Saved data entries
━━━━━━━━━━━━━━━━━━━━━━━━━━━━━━

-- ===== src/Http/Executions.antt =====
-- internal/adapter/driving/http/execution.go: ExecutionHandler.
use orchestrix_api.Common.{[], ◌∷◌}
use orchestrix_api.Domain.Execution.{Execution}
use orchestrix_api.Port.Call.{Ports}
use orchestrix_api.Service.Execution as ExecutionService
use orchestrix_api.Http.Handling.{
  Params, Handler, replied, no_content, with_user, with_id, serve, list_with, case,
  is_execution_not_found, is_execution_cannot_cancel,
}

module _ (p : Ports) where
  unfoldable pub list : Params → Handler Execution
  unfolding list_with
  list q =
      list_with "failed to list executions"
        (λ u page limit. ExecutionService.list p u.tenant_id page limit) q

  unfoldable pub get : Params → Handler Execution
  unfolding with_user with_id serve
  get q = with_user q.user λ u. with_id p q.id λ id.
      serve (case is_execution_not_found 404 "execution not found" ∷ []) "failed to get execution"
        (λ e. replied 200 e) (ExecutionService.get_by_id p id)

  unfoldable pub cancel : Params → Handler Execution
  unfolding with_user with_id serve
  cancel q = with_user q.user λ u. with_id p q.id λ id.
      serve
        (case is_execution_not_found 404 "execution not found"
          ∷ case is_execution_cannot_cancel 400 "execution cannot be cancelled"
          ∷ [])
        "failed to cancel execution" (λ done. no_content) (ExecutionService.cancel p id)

━━━━━━━━━━━━━━━━━━━━━━━━━━━━━━

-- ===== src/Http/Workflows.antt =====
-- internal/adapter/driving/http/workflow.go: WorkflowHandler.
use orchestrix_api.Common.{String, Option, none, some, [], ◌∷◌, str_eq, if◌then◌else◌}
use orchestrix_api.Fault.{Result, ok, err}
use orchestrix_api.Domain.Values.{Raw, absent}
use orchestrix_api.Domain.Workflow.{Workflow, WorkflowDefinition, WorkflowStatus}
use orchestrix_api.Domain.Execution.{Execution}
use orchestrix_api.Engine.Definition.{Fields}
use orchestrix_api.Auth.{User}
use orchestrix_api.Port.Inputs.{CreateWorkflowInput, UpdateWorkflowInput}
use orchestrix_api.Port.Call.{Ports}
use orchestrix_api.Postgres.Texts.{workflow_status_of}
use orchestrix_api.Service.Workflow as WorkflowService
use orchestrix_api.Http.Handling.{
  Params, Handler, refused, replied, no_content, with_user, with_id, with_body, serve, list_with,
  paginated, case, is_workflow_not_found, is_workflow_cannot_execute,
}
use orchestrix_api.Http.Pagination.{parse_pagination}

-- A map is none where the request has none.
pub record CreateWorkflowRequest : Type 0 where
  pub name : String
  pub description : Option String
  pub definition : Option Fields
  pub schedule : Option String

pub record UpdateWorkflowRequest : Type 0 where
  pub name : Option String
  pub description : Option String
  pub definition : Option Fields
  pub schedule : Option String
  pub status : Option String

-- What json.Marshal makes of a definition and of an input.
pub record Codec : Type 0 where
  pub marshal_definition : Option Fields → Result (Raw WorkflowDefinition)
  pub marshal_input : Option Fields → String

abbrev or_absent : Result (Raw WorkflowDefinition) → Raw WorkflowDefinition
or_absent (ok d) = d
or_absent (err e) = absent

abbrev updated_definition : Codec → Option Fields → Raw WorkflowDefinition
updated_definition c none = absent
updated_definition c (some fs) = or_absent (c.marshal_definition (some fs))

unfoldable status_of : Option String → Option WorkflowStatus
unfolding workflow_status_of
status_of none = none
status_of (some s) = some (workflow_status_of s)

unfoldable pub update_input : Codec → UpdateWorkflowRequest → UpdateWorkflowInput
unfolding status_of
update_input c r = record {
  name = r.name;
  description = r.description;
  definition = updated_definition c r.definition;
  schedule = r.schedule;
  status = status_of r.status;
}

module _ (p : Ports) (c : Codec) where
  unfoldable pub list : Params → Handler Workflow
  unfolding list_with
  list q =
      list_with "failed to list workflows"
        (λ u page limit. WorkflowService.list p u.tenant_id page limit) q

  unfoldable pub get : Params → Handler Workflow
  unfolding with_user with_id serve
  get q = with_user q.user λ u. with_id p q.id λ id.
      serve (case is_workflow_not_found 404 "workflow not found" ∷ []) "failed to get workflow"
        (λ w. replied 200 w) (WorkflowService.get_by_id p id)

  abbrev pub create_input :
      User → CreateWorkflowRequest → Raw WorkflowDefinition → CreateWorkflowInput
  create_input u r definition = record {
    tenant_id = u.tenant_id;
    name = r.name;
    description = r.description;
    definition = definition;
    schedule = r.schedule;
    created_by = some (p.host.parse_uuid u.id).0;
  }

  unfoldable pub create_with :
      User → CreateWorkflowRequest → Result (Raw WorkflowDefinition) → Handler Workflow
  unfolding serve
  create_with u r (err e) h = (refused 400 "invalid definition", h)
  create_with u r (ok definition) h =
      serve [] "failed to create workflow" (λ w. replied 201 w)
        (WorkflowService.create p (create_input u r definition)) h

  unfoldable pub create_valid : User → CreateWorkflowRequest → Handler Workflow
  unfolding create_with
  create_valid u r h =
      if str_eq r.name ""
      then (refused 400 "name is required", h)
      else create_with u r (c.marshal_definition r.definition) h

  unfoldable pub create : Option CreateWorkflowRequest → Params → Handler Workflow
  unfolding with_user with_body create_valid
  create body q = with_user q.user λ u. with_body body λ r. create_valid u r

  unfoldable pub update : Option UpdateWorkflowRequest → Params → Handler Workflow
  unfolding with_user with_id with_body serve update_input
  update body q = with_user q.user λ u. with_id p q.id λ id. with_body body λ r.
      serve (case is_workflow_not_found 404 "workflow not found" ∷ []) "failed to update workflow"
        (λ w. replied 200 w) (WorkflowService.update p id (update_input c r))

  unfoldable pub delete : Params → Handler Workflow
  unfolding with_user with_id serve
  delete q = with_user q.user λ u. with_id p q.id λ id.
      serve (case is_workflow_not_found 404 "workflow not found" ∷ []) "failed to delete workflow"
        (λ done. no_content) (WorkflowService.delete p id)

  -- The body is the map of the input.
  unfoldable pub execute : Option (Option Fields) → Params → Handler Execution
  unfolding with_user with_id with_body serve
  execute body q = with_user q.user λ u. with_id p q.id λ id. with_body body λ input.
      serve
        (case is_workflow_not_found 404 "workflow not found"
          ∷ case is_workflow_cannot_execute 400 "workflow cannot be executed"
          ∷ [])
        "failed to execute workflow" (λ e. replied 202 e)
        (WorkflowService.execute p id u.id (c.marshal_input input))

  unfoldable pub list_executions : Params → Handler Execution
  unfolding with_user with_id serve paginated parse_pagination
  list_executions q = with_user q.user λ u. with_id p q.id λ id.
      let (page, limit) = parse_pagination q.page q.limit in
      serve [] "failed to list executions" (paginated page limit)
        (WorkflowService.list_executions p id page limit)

━━━━━━━━━━━━━━━━━━━━━━━━━━━━━━

:: TASK REQUIREMENTS ::
Filter these records, keeping every line where the word "none" occurs.

:: OUTPUT ::
use orchestrix_api.Common.{String, Option, none, some, [], ◌∷◌, str_eq, if◌then◌else◌}
-- A map is none where the request has none.
updated_definition c none = absent
status_of none = none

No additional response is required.